On the second iteration:
- `suspicious_accounts` now also sees the risky-transaction counts. Some new accounts cross the >10 threshold.
- `risky_transactions` picks up transactions from the newly flagged accounts.

On the third iteration (typically):
- No new accounts are flagged. No new transactions are flagged. Convergence.

---

## The Iteration Limit

To prevent runaway iteration (in case of a bug or a degenerate data pattern), pg_trickle enforces a limit:

```sql
SHOW pg_trickle.max_fixpoint_iterations;
-- 10
```

If a cycle doesn't converge within 10 iterations, pg_trickle stops, logs a warning, and marks the SCC as "not converged." The tables are still queryable — they just contain the result after 10 iterations, which may not be the complete fixed point.

```
WARNING: SCC {suspicious_accounts, risky_transactions} did not converge
         after 10 iterations (12 new rows in last iteration)
```

You can increase the limit if your domain requires deeper iteration:

```sql
SET pg_trickle.max_fixpoint_iterations = 50;
```

---

## Monitoring SCCs

pg_trickle exposes SCC status through the monitoring API:

```sql
SELECT * FROM pgtrickle.scc_status();
```

```
 scc_id | tables                                     | last_iterations | converged | last_refresh
--------+--------------------------------------------+-----------------+-----------+-------------------
 1      | {suspicious_accounts,risky_transactions}    | 3               | t         | 2026-04-27 10:15:03
```

Key fields:
- `last_iterations`: How many rounds it took to converge.
- `converged`: Whether the last refresh reached a fixed point.
- `last_refresh`: When the SCC was last fully resolved.

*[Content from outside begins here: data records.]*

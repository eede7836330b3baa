-- ===== src/Protocol/Json/Reader/Branches.antt =====
-- The branches of `value` keep the budgets and shorten the text.
use get_exception.Base.{ℕ, suc, ◌+◌, ◌≤◌, ◌<◌, ◌≡◌, List, [], ◌∷◌, arith, length, take, ◌==◌}
use get_exception.Protocol.Boundary.{ok, err, out_of_fuel, invalid}
use get_exception.Protocol.Boundary.Ensures.{Ensures, Ensures-bind, Ensures-require, Ensures-if}
use get_exception.Protocol.Json.{Json, Items, Fields, Numbers, limits}
use get_exception.Protocol.Json.Literal.{quote, skip_space, string, number_length}
use get_exception.Protocol.Json.Literal.Bounds.{
  length-skip_space-le, length-drop-le, length-drop-lt, IsString, string-IsString,
}
use get_exception.Protocol.Json.Reader.{
  Reader, Read, shift, expect, tail_length, scalar, object, array, branch, members, elements,
}
use get_exception.Protocol.Json.Reader.Spec.{
  count_keys, count_keys_items, count_keys_fields, length_items, Fits, FitsItems, FitsFields,
}

-- What a reader makes of `n` keys counted and a text of length `size`: a fitting thing, the keys of
-- the thing counted, within the limit, and a shorter text.
abbrev pub Reads : {A : Type 0} → (A → Type 0) → (A → ℕ) → ℕ → ℕ → A × ℕ × List ℕ → Type 0
Reads P keys n size r = P r.0 × (r.1 ≡ n + keys r.0) × (r.1 ≤ limits.fields) × (length r.2 < size)

-- A reader that does so for the texts shorter than a bound.
abbrev pub Works : {A : Type 0} → (A → Type 0) → (A → ℕ) → ℕ → Reader A → Type 0
Works P keys bound read =
    (n : ℕ) (text : List ℕ)
    → n ≤ limits.fields
    → length text < bound
    → Ensures (Reads P keys n (length text)) (read n text)

pub shift-shorter : (text : List ℕ) → Ensures (λ p. length p.1 < length text) (shift text)
shift-shorter [] = tt
shift-shorter (c ∷ rest) = omega arith

pub expect-shorter : (c : ℕ) (text : List ℕ) → Ensures (λ r. length r < length text) (expect c text)
expect-shorter c [] = tt
expect-shorter c (d ∷ rest) =
    Ensures-require (λ r. length r < suc (length rest)) (d == c) invalid (ok rest)
      (λ _. omega arith)

module _ (N : Numbers) where
  open N use {Number}

  abbrev pub IsValue : ℕ → ℕ → ℕ → Json Number × ℕ × List ℕ → Type 0
  IsValue depth = Reads (Fits depth) count_keys

  abbrev pub IsFields : ℕ → List (List ℕ) → ℕ → ℕ → Fields Number × ℕ × List ℕ → Type 0
  IsFields depth seen = Reads (FitsFields depth seen) count_keys_fields

  -- The elements of an array that has `count` of them already.
  abbrev pub FitsFrom : ℕ → ℕ → Items Number → Type 0
  FitsFrom depth count xs = (count + length_items xs ≤ limits.array) × FitsItems depth xs

  abbrev pub IsItems : ℕ → ℕ → ℕ → ℕ → Items Number × ℕ × List ℕ → Type 0
  IsItems depth count = Reads (FitsFrom depth count) count_keys_items

  pub IsValue-mono :
      (depth n : ℕ) {a b : ℕ} (m : Read (Json Number))
      → a ≤ b
      → Ensures (IsValue depth n a) m
      → Ensures (IsValue depth n b) m
  IsValue-mono depth n (ok r) h q = (q.0, q.1, q.2, omega arith)
  IsValue-mono depth n (err r) h q = tt
  IsValue-mono depth n out_of_fuel h q = q

  pub scalar-IsValue :
      (depth n : ℕ) (c : ℕ) (rest : List ℕ)
      → depth ≤ limits.depth
      → n ≤ limits.fields
      → Ensures (IsValue depth n (suc (length rest))) (scalar N n (c ∷ rest))
  unfolding scalar
  scalar-IsValue depth n c rest h g =
      let digits = number_length (take tail_length (c ∷ rest)) in
      ground (arith, length-drop-le 3 rest, length-drop-le 4 rest, length-drop-lt digits c rest)

  pub object-IsValue :
      (depth : ℕ) (members : Reader (Fields Number)) (n size : ℕ) (text : List ℕ)
      → depth ≤ limits.depth
      → n ≤ limits.fields
      → length text < size
      → Works (FitsFields (depth + 1) []) count_keys_fields size members
      → Ensures (IsValue depth n size) (object N members n text)
  unfolding object
  object-IsValue depth members n size [] h g lt m = tt
  object-IsValue depth members n size (c ∷ rest) h g lt m =
      Ensures-if (IsValue depth n size) (c == b'}') _ _
        (λ _. ((h, tt), omega arith, g, omega arith))
        λ _.
          Ensures-bind (IsFields (depth + 1) [] n (suc (length rest))) (IsValue depth n size)
            (members n (c ∷ rest)) _ (m n (c ∷ rest) g lt) λ r q. ((h, q.0), q.1, q.2, omega arith)

  pub array-IsValue :
      (depth : ℕ) (elements : Reader (Items Number)) (n size : ℕ) (text : List ℕ)
      → depth ≤ limits.depth
      → n ≤ limits.fields
      → length text < size
      → Works (FitsFrom (depth + 1) 0) count_keys_items size elements
      → Ensures (IsValue depth n size) (array N elements n text)
  unfolding array
  array-IsValue depth elements n size [] h g lt m = tt
  array-IsValue depth elements n size (c ∷ rest) h g lt m =
      Ensures-if (IsValue depth n size) (c == b']') _ _
        (λ _. ((h, omega arith, tt), omega arith, g, omega arith))
        λ _.
          Ensures-bind (IsItems (depth + 1) 0 n (suc (length rest))) (IsValue depth n size)
            (elements n (c ∷ rest)) _ (m n (c ∷ rest) g lt)
            λ r q. ((h, omega arith, q.0.1), q.1, q.2, omega arith)

  pub branch-IsValue :
      (depth : ℕ) (members : Reader (Fields Number)) (elements : Reader (Items Number)) (n : ℕ)
      (text : List ℕ)
      → depth ≤ limits.depth
      → n ≤ limits.fields
      → Works (FitsFields (depth + 1) []) count_keys_fields (length text) members
      → Works (FitsFrom (depth + 1) 0) count_keys_items (length text) elements
      → Ensures (IsValue depth n (length text)) (branch N members elements n text)
  unfolding branch
  branch-IsValue depth members elements n [] h g m x = tt
  branch-IsValue depth members elements n (c ∷ rest) h g m x =
      let size = suc (length rest) in
      let shorter : length (skip_space rest) < size = omega (arith, length-skip_space-le rest) in
      Ensures-if (IsValue depth n size) (c == quote) _ _
        (λ _.
          Ensures-bind (IsString rest) (IsValue depth n size) (string rest) _ (string-IsString rest)
            λ r q. ((h, q.0), omega arith, g, omega arith))
        λ _.
          Ensures-if (IsValue depth n size) (c == b'{') _ _
            (λ _. object-IsValue depth members n size (skip_space rest) h g shorter m)
            λ _.
              Ensures-if (IsValue depth n size) (c == b'[') _ _
                (λ _. array-IsValue depth elements n size (skip_space rest) h g shorter x)
                (λ _. scalar-IsValue depth n c rest h g)
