-- ===== src/Protocol/Json/Reader/Rounds.antt =====
-- A round of either loop keeps the budgets and shortens the text.
use get_exception.Base.{
  ℕ, suc, ◌+◌, ◌≤◌, ◌<◌, ◌≡◌, Bool, true, false, not, ◌||◌, List, [], ◌∷◌, arith, length, ltb, ◌==◌,
  if◌then◌else◌, tests, ltb→lt,
}
use get_exception.Protocol.Boundary.{ok, err, invalid, too_large, ◌>>=◌}
use get_exception.Protocol.Boundary.Ensures.{Ensures, Ensures-bind, Ensures-require, Ensures-if}
use get_exception.Protocol.Json.{Json, Items, Fields, end, field, Numbers, limits}
use get_exception.Protocol.Json.Literal.{quote, skip_space, string}
use get_exception.Protocol.Json.Literal.Bounds.{length-skip_space-le, IsString, string-IsString}
use get_exception.Protocol.Json.Reader.{Reader, contains, forbidden, shift, expect, member, element}
use get_exception.Protocol.Json.Reader.Spec.{
  count_keys, count_keys_items, count_keys_fields, Fits, FitsFields,
}
use get_exception.Protocol.Json.Reader.Branches.{
  Reads, Works, IsValue, IsFields, FitsFrom, IsItems, shift-shorter, expect-shorter,
}

module _ (N : Numbers) where
  open N use {Number}

  -- Behind the value of a member: the end of the object, or the next round.
  pub member_end :
      (depth : ℕ) (more : Reader (Fields Number)) (seen : List (List ℕ)) (key : List ℕ) (n size : ℕ)
      (r : Json Number × ℕ × List ℕ)
      → contains forbidden key ≡ false
      → contains seen key ≡ false
      → length key ≤ limits.string
      → Reads (Fits depth) count_keys (n + 1) size r
      → Works (FitsFields depth (key ∷ seen)) count_keys_fields size more
      → Ensures (IsFields N depth seen n size) (do
        (c, rest) ← shift (skip_space r.2)
        if c == b'}'
            then ok (field key r.0 end, r.1, rest)
            else (if c == b','
                then (do (fs, n'', left) ← more r.1 rest; ok (field key r.0 fs, n'', left))
                else err invalid))
  member_end depth more seen key n size r f s l q m =
      let after = skip_space r.2 in
      let fewer : length after < size = omega (arith, length-skip_space-le r.2) in
      Ensures-bind (λ p. length p.1 < length after) (IsFields N depth seen n size) (shift after) _
        (shift-shorter after)
        λ p lt.
          Ensures-if (IsFields N depth seen n size) (p.0 == b'}') _ _
            (λ _. ((f, s, l, q.0, tt), omega arith, q.2, omega arith))
            λ _.
              Ensures-if (IsFields N depth seen n size) (p.0 == b',') _ _
                (λ _.
                  Ensures-bind (IsFields N depth (key ∷ seen) r.1 (length p.1))
                    (IsFields N depth seen n size) (more r.1 p.1) _ (m r.1 p.1 q.2 (omega arith))
                    λ t g. ((f, s, l, q.0, g.0), omega arith, g.2, omega arith))
                (λ _. tt)

  pub fresh_key :
      (seen : List (List ℕ)) (key : List ℕ) (n : ℕ)
      → not (contains forbidden key || contains seen key || ltb limits.fields (n + 1)) ≡ true
      → (contains forbidden key ≡ false) × (contains seen key ≡ false) × (n + 1 ≤ limits.fields)
  fresh_key seen key n h = fresh (contains forbidden key) (contains seen key) h
    where
      fresh :
          (f s : Bool)
          → not (f || s || ltb limits.fields (n + 1)) ≡ true
          → (f ≡ false) × (s ≡ false) × (n + 1 ≤ limits.fields)
      fresh f s h = ground arith

  pub member-IsFields :
      (depth : ℕ) (read_value : Reader (Json Number))
      (more : List (List ℕ) → Reader (Fields Number)) (seen : List (List ℕ)) (n : ℕ) (text : List ℕ)
      → n ≤ limits.fields
      → Works (Fits depth) count_keys (length text) read_value
      → ((keys : List (List ℕ))
          → Works (FitsFields depth keys) count_keys_fields (length text) (more keys))
      → Ensures (IsFields N depth seen n (length text)) (member N read_value more seen n text)
  unfolding member
  member-IsFields depth read_value more seen n text g v m =
      let R = IsFields N depth seen n (length text) in
      let start = skip_space text in
      Ensures-bind (λ t. length t < length start) R (expect quote start) _
        (expect-shorter quote start)
        λ opened lt.
          Ensures-bind (IsString opened) R (string opened) _ (string-IsString opened) λ k lk.
            Ensures-require R _ invalid _ λ b.
              Ensures-bind (λ t. length t < length (skip_space k.1)) R
                (expect b':' (skip_space k.1)) _ (expect-shorter b':' (skip_space k.1))
                λ colon lc.
                  let lens : length colon < length text =
                    omega (arith, length-skip_space-le text, length-skip_space-le k.1) in
                  let (f, s, room) = fresh_key seen k.0 n b in
                  Ensures-bind (IsValue N depth (n + 1) (length colon)) R (read_value (n + 1) colon)
                    _ (v (n + 1) colon room lens)
                    λ r q.
                      member_end depth (more (k.0 ∷ seen)) seen k.0 n (length text) r f s lk.0
                        (q.0, q.1, q.2, omega arith) (m (k.0 ∷ seen))

  pub element-IsItems :
      (depth : ℕ) (read_value : Reader (Json Number)) (more : ℕ → Reader (Items Number))
      (count n : ℕ) (text : List ℕ)
      → n ≤ limits.fields
      → Works (Fits depth) count_keys (suc (length text)) read_value
      → Works (FitsFrom N depth (count + 1)) count_keys_items (length text) (more (count + 1))
      → Ensures (IsItems N depth count n (length text)) (element N read_value more count n text)
  unfolding element
  element-IsItems depth read_value more count n [] g v m = tt
  element-IsItems depth read_value more count n (u ∷ text) g v m =
      let size = suc (length text) in
      let R = IsItems N depth count n size in
      Ensures-require R (ltb count limits.array) too_large _ λ room.
        Ensures-bind (IsValue N depth n size) R (read_value n (u ∷ text)) _
          (v n (u ∷ text) g (omega arith))
          λ r q.
            let after = skip_space r.2 in
            Ensures-bind (λ p. length p.1 < length after) R (shift after) _ (shift-shorter after)
              λ p lt.
                let fewer : length p.1 < size = omega (arith, length-skip_space-le r.2) in
                Ensures-if R (p.0 == b']') _ _
                  (λ _. (
                    (omega (tests, ltb→lt count limits.array room), (q.0, tt)),
                    omega arith,
                    q.2,
                    fewer,
                  ))
                  λ _.
                    Ensures-if R (p.0 == b',') _ _
                      (λ _.
                        Ensures-bind (IsItems N depth (count + 1) r.1 (length p.1)) R
                          (more (count + 1) r.1 p.1) _ (m r.1 p.1 q.2 fewer)
                          λ t g'. ((omega arith, (q.0, g'.0.1)), omega arith, g'.2, omega arith))
                      (λ _. tt)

If `converged` is consistently `false`, your cycle may not be monotone in practice (even if the query structure passes the static check). Check whether data patterns cause oscillation.

---

## Why Most Systems Reject Cycles

The standard argument against cycles is that they're a design smell — if your data model has circular dependencies, you should restructure it. That's usually right.

But some domains genuinely have circular relationships:

- **Graph algorithms:** Reachability, PageRank, label propagation — all defined as fixed points.
- **Constraint propagation:** Scheduling constraints that reference each other.
- **Multi-phase classification:** Where the output of one classifier feeds into another, and vice versa.
- **Supply chain:** Demand forecasts that depend on inventory, which depends on demand forecasts.

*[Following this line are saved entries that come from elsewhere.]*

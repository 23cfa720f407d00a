-- ===== src/Valois/Tests.antt =====
-- Runs of valois_queue.hpp, and its theorems at them.
use concurrent_queue_evaluat.Base.{
  ℕ, Option, Ptr, ◌≡◌, ◌≢◌, refl, none, some, List, [], ◌∷◌, arith, false,
}
use concurrent_queue_evaluat.Fifo.{
  Op, enqueue, dequeue, enqueued, dequeued, Event, Atomic, AtomicReach,
}
use concurrent_queue_evaluat.Machine.{fault}
use concurrent_queue_evaluat.Machine.Alone.{Within}
use concurrent_queue_evaluat.Machine.Schedule.{Run, check_none, run, Turn, calls, goes}
use concurrent_queue_evaluat.Valois
use concurrent_queue_evaluat.Valois.{Node, delete_chain, Mem, move, machine, create, d2}
use concurrent_queue_evaluat.Valois.Alone.{valois_returns_alone}
use concurrent_queue_evaluat.Destroy.{cleared, Linked}
use concurrent_queue_evaluat.Valois.Destructor.{valois_delete_chain-Linked}
use concurrent_queue_evaluat.Valois.Linearizable.{valois_linearizable, valois_move-ne-fault}

-- Thread 0 adds 7, while thread 1 waits with a stale view of the empty queue and then takes 7.
abbrev turns : List (Turn Op)
turns =
    calls 1 dequeue
    ∷ goes 1 9
    ∷ calls 0 (enqueue 7)
    ∷ goes 0 2
    ∷ goes 1 9
    ∷ goes 0 9
    ∷ goes 0 9
    ∷ goes 0 9
    ∷ goes 0 9
    ∷ goes 1 9
    ∷ goes 1 9
    ∷ goes 1 9
    ∷ goes 0 9
    ∷ goes 1 9
    ∷ goes 1 9
    ∷ goes 1 9
    ∷ goes 1 9
    ∷ goes 1 9
    ∷ goes 1 9
    ∷ goes 1 9
    ∷ goes 1 9
    ∷ goes 1 9
    ∷ calls 0 dequeue
    ∷ goes 0 9
    ∷ goes 0 9
    ∷ goes 0 9
    ∷ goes 0 9
    ∷ calls 0 dequeue
    ∷ []

demo : Run machine (λ m p. check_none (m.nodes p)) (create 1)
unfolding run check_none
demo = run machine (λ m p. check_none (m.nodes p)) (create 1) turns

demo_history :
    demo.last.history
    ≡ Event.call 0 dequeue
      ∷ Event.return 0 (dequeued none)
      ∷ Event.call 0 dequeue
      ∷ Event.return 1 (dequeued (some 7))
      ∷ Event.return 0 enqueued
      ∷ Event.call 0 (enqueue 7)
      ∷ Event.call 1 dequeue
      ∷ []
unfolding demo move Valois.begin Valois.deref Valois.swing_tail
demo_history = refl

valois_linearizable_example : (a : Atomic) × AtomicReach a × (a.history ≡ demo.last.history)
valois_linearizable_example = valois_linearizable 1 (omega arith) demo.reach

valois_move-ne-fault_example :
    move 0 (record { fresh = 9; spurious = false }) demo.last.mem d2 ≢ fault
unfolding demo move Valois.begin Valois.deref Valois.swing_tail
valois_move-ne-fault_example =
    valois_move-ne-fault 1 0 (record { fresh = 9; spurious = false }) (omega arith) demo.reach refl
      (omega arith) refl

valois_returns_alone_example :
    Within machine 0 (record { fresh = 9; spurious = false }) 19 demo.last.mem d2
unfolding demo move Valois.begin Valois.deref Valois.swing_tail
valois_returns_alone_example =
    valois_returns_alone 1 0 (record { fresh = 9; spurious = false }) (omega arith) demo.reach refl
      (omega arith) refl refl

valois_delete_chain-Linked_example :
    (rounds : ℕ) × (nodes : Ptr → Option Node) × (delete_chain rounds demo.last.mem
        demo.last.mem.head
      ≡ cleared nodes)
    × ((q : Ptr)
        → Linked (λ d. d.next_node) demo.last.mem.nodes demo.last.mem.head q
        → nodes q ≡ none)
    × ((q : Ptr)
        → ¬ Linked (λ d. d.next_node) demo.last.mem.nodes demo.last.mem.head q
        → nodes q ≡ demo.last.mem.nodes q)
valois_delete_chain-Linked_example = valois_delete_chain-Linked 1 (omega arith) demo.reach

For these cases, "restructure your schema" is unhelpful. The circularity is in the domain, not in a modeling mistake.

---

## Cycles and IMMEDIATE Mode

IMMEDIATE mode (synchronous in-transaction refresh) and cycles don't mix. If A triggers a refresh of B, which triggers a refresh of A, you get an infinite loop inside a single transaction.

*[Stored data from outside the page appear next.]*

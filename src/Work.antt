-- ===== src/Work.antt =====
-- include/work.hpp: the busy work between queue operations and its calibration. The clock is a
-- parameter: the nanoseconds that a run of the loop takes, by its first state and its rounds.
pub mod Laws
mod Tests
use concurrent_queue_evaluat.Base.{
  ℕ, zero, suc, ◌+◌, ◌*◌, ◌/◌, ◌%◌, ◌^◌, Option, none, some, ◌==◌, if◌then◌else◌,
}

abbrev pub multiplier : ℕ
multiplier = 6364136223846793005

abbrev pub increment : ℕ
increment = 9754186451795953191

-- The body of the loop, in a `uint64_t`.
unfoldable pub work_step : ℕ → ℕ
work_step state = (state * multiplier + increment) % 2 ^ 64

unfoldable pub do_work : (state iters : ℕ) → ℕ
do_work state zero = state
do_work state (suc iters) = do_work (work_step state) iters

abbrev pub cal_iters : ℕ
cal_iters = 2_000_000

-- The state after the warm-up, from which the timed run starts.
abbrev pub warm_state : ℕ
warm_state = do_work 22 cal_iters

-- `none` is the division by zero, where the clock shows no time.
unfoldable pub calibrate_work_iters : (elapsed : (state iters : ℕ) → ℕ) (target_ns : ℕ) → Option ℕ
calibrate_work_iters elapsed target_ns =
    if target_ns == 0
    then some 0
    else (let ns = elapsed warm_state cal_iters in
        if ns == 0 then none else some ((cal_iters * target_ns) % 2 ^ 64 / ns))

pg_trickle rejects this at creation time:

```
ERROR: IMMEDIATE mode is not allowed for stream tables in a cycle
HINT: Use DIFFERENTIAL or AUTO mode with a schedule
```

Cyclic stream tables must use scheduled (asynchronous) refresh. The fixed-point iteration runs in the background scheduler, not inside a user transaction.

---

## Performance Considerations

Each iteration of a cycle is a full refresh cycle for all tables in the SCC. The total cost is:

```
cost = iterations × Σ(cost per table in SCC)
```

For most practical cycles, convergence happens in 2–4 iterations. But if your cycle has 10 tables that each take 200ms to refresh, one convergence pass takes 2–8 seconds.

**Optimization tips:**
- Keep cycles small. Factor non-cyclic portions of the query out of the SCC.
- Use DIFFERENTIAL mode. Each iteration after the first typically processes only the new rows from the previous iteration.
- Set a tight `max_fixpoint_iterations` to fail fast if convergence is slow.
- Monitor `scc_status()` to track iteration counts. If they're consistently high, the cycle may need restructuring.

---

## Summary

Circular dependencies aren't always a bug. pg_trickle allows them for monotone queries — queries where adding input rows can only add output rows. The system iterates until convergence (no new rows) or until the iteration limit.

Enable with `pg_trickle.allow_circular = on`. Monitor with `scc_status()`. Keep cycles small and monotone. And if convergence takes too many iterations, that's a signal to reconsider the design — not a reason to ban cycles entirely.